Same here got 2 deer down there and have a good freezer full of meat. Seen over 25 deer just hunting Monday much different hunting than Ohio for sure.

Mark


----------



## sportinwood (Jul 31, 2010)

Already got my buck in Oct. but gun season is always special to me. Spending a couple days with my dad and some good buds in New Philedelphia, priceless!


----------



## erik (Jun 15, 2010)

packed and ready to go headed to belmont county for the week good luck to all


----------



## tomfoolery (May 20, 2010)

Good luck to every one.Be safe. Heading to Ashtabula, hope gun season is better than my archery season.


----------



## turkey guy 88 (Apr 13, 2009)

Good luck everyone heading down to south east ohio in a couple of hours. May all of your slugs fly straight


----------



## ostbucks98 (Apr 14, 2004)

so far seen nothing...heard 37 shots so far..vinton county.

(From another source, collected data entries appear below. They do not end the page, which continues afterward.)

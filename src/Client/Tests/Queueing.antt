-- ===== src/Client/Tests/Queueing.antt =====
-- The theorems about the store, at the test data.
use clickman.Base.{
  suc, ◌-◌, ◌≤◌, ◌<◌, ◌≡◌, refl, ◌⊎◌, true, false, none, some, [], ◌∷◌, ◌++◌, length, take, drop,
  arith, min,
}
use clickman.Base.Int.{pos}
use clickman.Base.Text.{text, byte_length}
use clickman.Json.{Fields, bool, end, field}
use clickman.Client.Error.{Result, ok, err}
use clickman.Client.Store.{Database}
use clickman.Client.Store.Migrate.{File}
use clickman.Client.Queue.{taken, joined}
use clickman.Client.Queue.Taken.{taken_exact}
use clickman.Client.Identity.{is_valid_text}
use clickman.Client.Event.{Recorder, record_event}
use clickman.Client.Event.Record.{new_row, record_exact}
use clickman.Client.Launch.{Release}
use clickman.Client.Tests.{rows, store, store-IsOrdered, platform}

abbrev recorder : Recorder
recorder = record { context = end; now = pos 5000; max_queue = 3 }

abbrev release : Release
release = record { version = text "1.0"; build = text "7" }

abbrev old_file : File
old_file = record {
  user_version = pos 0;
  events = some (rows, 3);
  identity = none;
  state = some (
      (text "traits", text "{\"plan\":1}")
      ∷ (text "app_build", text "7")
      ∷ (text "external_id", text "u")
      ∷ []);
}

taken_exact_example :
    let n = taken (text "ab" ∷ text "cd" ∷ text "ef" ∷ []) 5 5 in
    (1 ≤ n)
    × (n ≤ min 5 3)
    × ((n ≡ 1) ⊎ (byte_length (joined (take n (text "ab" ∷ text "cd" ∷ text "ef" ∷ []))) ≤ 5))
    × ((n ≡ min 5 3)
        ⊎ (5 < byte_length (joined (take (suc n) (text "ab" ∷ text "cd" ∷ text "ef" ∷ [])))))
taken_exact_example =
    taken_exact (text "ab" ∷ text "cd" ∷ text "ef" ∷ []) 5 5 (ground arith) (omega arith)

abbrev traits : Fields
traits = field (text "a") (bool true) (field (text "b") (bool false) end)

record_exact_example :
    record_event platform recorder (text "x") end store
    ≡ ok (
      platform.now_v7 (suc store.sequence),
      record {
        events =
            drop
              (length (store.events ++ new_row platform recorder (text "x") end end store ∷ [])
                - recorder.max_queue)
              (store.events ++ new_row platform recorder (text "x") end end store ∷ []);
        sequence = suc store.sequence;
        identity = store.identity;
      },
    )
unfolding is_valid_text
record_exact_example =
    record_exact platform recorder (text "x") end store end refl refl store-IsOrdered (omega arith)

abbrev stored_by : Result (Unit {0} × Database) → Database
stored_by (ok (u, db)) = db
stored_by (err e) = store
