-- ===== src/Queue/Promotion.antt =====
-- relay/queue.py: what `_try_promote` guarantees.
use openai_ipmi_proxy.Prelude.{
  ℕ, zero, suc, ◌≤◌, ◌≡◌, refl, ap, inl, inr, Bool, none, some, List, [], ◌∷◌, arith, nat_eq,
  string_eq, pair_eq, Option-cases, Bool-cases,
}
use openai_ipmi_proxy.Prelude.Lists.{
  length, find, remove, length-remove, contains_of_find, find_holds,
}
use openai_ipmi_proxy.Prelude.Dict.{length-insert}
use openai_ipmi_proxy.Queue.State.{EndpointQueue}
use openai_ipmi_proxy.Queue.Admission.{eligible, promote, first_eligible, promote_loop, try_promote}

-- What every round of the loop keeps, the loop keeps.
pub promote_loop_inv {ℓ} :
    (P : EndpointQueue → Type ℓ) (now : ℕ)
    → ((q : EndpointQueue) (e : ℕ) → first_eligible q ≡ some e → P q → P (promote now q e))
    → (fuel : ℕ) (q : EndpointQueue) → P q
    → P (promote_loop fuel now q)
unfolding promote_loop
promote_loop_inv P now keep zero q h = h
promote_loop_inv P now keep (suc fuel) q h = elim (Option-cases (first_eligible q)) [
  | inl stop ↦ rw (stop, promote_loop) h
  | inr (e, found) ↦
      rw (found, promote_loop)
        (promote_loop_inv P now keep fuel (promote now q e) (keep q e found h))
]

pub try_promote_inv {ℓ} :
    (P : EndpointQueue → Type ℓ) (now : ℕ)
    → ((q : EndpointQueue) (e : ℕ) → first_eligible q ≡ some e → P q → P (promote now q e))
    → (q : EndpointQueue) → P q
    → P (try_promote now q)
unfolding try_promote
try_promote_inv P now keep q h = elim (Bool-cases q.ready) [
  | inl up ↦ simp up (promote_loop_inv P now keep (length q.queue) q h)
  | inr down ↦ simp down h
]

pub promote-queue :
    (now : ℕ) (q : EndpointQueue) (e : ℕ) → (promote now q e).queue ≡ remove e q.queue
unfolding promote
promote-queue now q e = ground arith

find_empty : (p : ℕ → Bool) (xs : List ℕ) → length xs ≤ 0 → find p xs ≡ none
unfolding find
find_empty p [] h = refl
find_empty p (x ∷ xs) h = absurd (omega arith)

-- The loop ends by its own test.
pub promote_loop_done :
    (fuel now : ℕ) (q : EndpointQueue)
    → length q.queue ≤ fuel
    → first_eligible (promote_loop fuel now q) ≡ none
unfolding promote_loop
promote_loop_done zero now q h = find_empty (eligible q) q.queue h
promote_loop_done (suc fuel) now q h = elim (Option-cases (first_eligible q)) [
  | inl stop ↦ rw (stop, promote_loop) stop
  | inr (e, found) ↦
      rw (found, promote_loop)
        (promote_loop_done fuel now (promote now q e) (
          omega (
            arith,
            ap length (promote-queue now q e),
            length-remove e q.queue (contains_of_find (eligible q) q.queue e found),
          )))
]

pub promote-spots_bounded :
    (now : ℕ) (q : EndpointQueue) (e : ℕ)
    → first_eligible q ≡ some e
    → length q.spots ≤ q.max_spots
    → length (promote now q e).spots ≤ (promote now q e).max_spots
unfolding promote eligible
promote-spots_bounded now q e h b = ground (
  arith,
  find_holds (eligible q) q.queue e h,
  length-insert (q.objects (q.entries e).session).key now q.spots,
)

-- The fields that the operations only read.
pub record SameConfig (q p : EndpointQueue) : Type 0 where
  pub max_spots : q.max_spots ≡ p.max_spots
  pub max_inflight : q.max_inflight_per_session ≡ p.max_inflight_per_session
  pub atomic : q.atomic_requests ≡ p.atomic_requests
  pub ready : q.ready ≡ p.ready
  pub sessions : q.sessions ≡ p.sessions

promote-SameConfig : (now : ℕ) (q : EndpointQueue) (e : ℕ) → SameConfig (promote now q e) q
unfolding promote
promote-SameConfig now q e = ground arith

pub try_promote-SameConfig : (now : ℕ) (q : EndpointQueue) → SameConfig (try_promote now q) q
try_promote-SameConfig now q =
    try_promote_inv (λ p. SameConfig p q) now
      (λ p e found h. ground (arith, promote-SameConfig now p e)) q (ground arith)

Sent from my ZTE-Z990G using Ohub Campfire mobile app


----------



## fishingful (Apr 5, 2004)

I have not seen anything either. heard 4 shots by 3 people in portage county.


----------



## RJohnson442 (May 14, 2013)

I went out yesterday evening to the stand only to hear the orange army sighting in. No deer to be seen. Have a safe week everyone!

Sent from my Event using Ohub Campfire mobile app


----------



## ostbucks98 (Apr 14, 2004)

had a doe and button and small 8 come through. they went seperate ways. up to 44 shots but seems to be slowing.

Sent from my ZTE-Z990G using Ohub Campfire mobile app


----------



## CHOPIQ (Apr 6, 2004)

Hunting Wayne national forest been in stand since 6. Haven't seen anything. Hearing allot of shooting


----------



## ostbucks98 (Apr 14, 2004)

something spooked the two doe's and button cause they just went screaming back by me. now up to 71 shots heard.

Sent from my ZTE-Z990G using Ohub Campfire mobile app


----------



## ostbucks98 (Apr 14, 2004)

after hearing 71 shots up to 1:30 i took an extended lunch and was back in the field at 3:30. i seen a doe running for her life at a lil after 4 and then right before dark a lil white dog was running a deer to the next property. after two gun shots someone yelled "YEAH!!!"....LOL...i never could make out what it was but he owed that lil dog. finished the day with 93 shots total heard. much slower with the warm afternoon.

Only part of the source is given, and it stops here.